*** Opening of Supplied entries ***

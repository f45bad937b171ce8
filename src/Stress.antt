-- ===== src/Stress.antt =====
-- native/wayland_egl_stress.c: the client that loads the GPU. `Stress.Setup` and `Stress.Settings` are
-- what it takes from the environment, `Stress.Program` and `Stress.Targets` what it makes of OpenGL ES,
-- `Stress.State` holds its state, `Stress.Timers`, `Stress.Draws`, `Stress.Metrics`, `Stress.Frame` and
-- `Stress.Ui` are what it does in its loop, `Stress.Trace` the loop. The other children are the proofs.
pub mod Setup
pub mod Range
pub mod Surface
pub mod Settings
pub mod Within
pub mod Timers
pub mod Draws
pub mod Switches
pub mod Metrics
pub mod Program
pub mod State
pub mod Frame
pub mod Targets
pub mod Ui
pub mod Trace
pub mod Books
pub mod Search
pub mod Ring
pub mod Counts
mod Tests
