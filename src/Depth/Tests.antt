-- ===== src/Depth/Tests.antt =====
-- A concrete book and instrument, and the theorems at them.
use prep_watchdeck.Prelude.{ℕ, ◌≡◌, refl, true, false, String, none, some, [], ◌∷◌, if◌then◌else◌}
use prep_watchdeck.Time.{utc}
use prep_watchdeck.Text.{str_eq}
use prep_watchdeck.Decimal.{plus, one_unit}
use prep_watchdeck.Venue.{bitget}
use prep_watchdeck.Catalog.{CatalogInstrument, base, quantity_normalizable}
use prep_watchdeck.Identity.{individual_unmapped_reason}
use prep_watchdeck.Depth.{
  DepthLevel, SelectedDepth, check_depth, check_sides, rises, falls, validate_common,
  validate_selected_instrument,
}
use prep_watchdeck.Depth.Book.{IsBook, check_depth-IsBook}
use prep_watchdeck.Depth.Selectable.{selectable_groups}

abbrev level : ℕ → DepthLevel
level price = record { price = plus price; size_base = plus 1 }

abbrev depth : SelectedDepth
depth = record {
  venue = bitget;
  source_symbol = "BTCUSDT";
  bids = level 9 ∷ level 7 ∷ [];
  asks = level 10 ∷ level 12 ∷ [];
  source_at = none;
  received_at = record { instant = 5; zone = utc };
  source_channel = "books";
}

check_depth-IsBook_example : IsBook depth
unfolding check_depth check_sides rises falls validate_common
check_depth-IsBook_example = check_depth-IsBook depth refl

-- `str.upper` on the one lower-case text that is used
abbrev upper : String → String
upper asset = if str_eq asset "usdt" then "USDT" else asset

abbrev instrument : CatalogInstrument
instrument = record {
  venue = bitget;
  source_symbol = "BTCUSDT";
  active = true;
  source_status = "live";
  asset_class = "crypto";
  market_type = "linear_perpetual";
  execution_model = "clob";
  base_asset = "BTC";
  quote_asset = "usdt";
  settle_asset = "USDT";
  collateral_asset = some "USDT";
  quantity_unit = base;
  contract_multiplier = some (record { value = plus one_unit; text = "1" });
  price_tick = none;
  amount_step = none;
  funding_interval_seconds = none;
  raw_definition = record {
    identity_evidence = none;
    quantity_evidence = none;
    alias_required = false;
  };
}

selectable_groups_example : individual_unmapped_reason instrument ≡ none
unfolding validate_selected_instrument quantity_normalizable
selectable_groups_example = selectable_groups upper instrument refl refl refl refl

*** Close of Supplied entries ***

Nothing but the lines from the one with "depth = record" through the last line of the data should appear; print them exactly.

depth = record {
  venue = bitget;
  source_symbol = "BTCUSDT";
  bids = level 9 ∷ level 7 ∷ [];
  asks = level 10 ∷ level 12 ∷ [];
  source_at = none;
  received_at = record { instant = 5; zone = utc };
  source_channel = "books";
}

check_depth-IsBook_example : IsBook depth
unfolding check_depth check_sides rises falls validate_common
check_depth-IsBook_example = check_depth-IsBook depth refl

-- `str.upper` on the one lower-case text that is used
abbrev upper : String → String
upper asset = if str_eq asset "usdt" then "USDT" else asset

abbrev instrument : CatalogInstrument
instrument = record {
  venue = bitget;
  source_symbol = "BTCUSDT";
  active = true;
  source_status = "live";
  asset_class = "crypto";
  market_type = "linear_perpetual";
  execution_model = "clob";
  base_asset = "BTC";
  quote_asset = "usdt";
  settle_asset = "USDT";
  collateral_asset = some "USDT";
  quantity_unit = base;
  contract_multiplier = some (record { value = plus one_unit; text = "1" });
  price_tick = none;
  amount_step = none;
  funding_interval_seconds = none;
  raw_definition = record {
    identity_evidence = none;
    quantity_evidence = none;
    alias_required = false;
  };
}

selectable_groups_example : individual_unmapped_reason instrument ≡ none
unfolding validate_selected_instrument quantity_normalizable
selectable_groups_example = selectable_groups upper instrument refl refl refl refl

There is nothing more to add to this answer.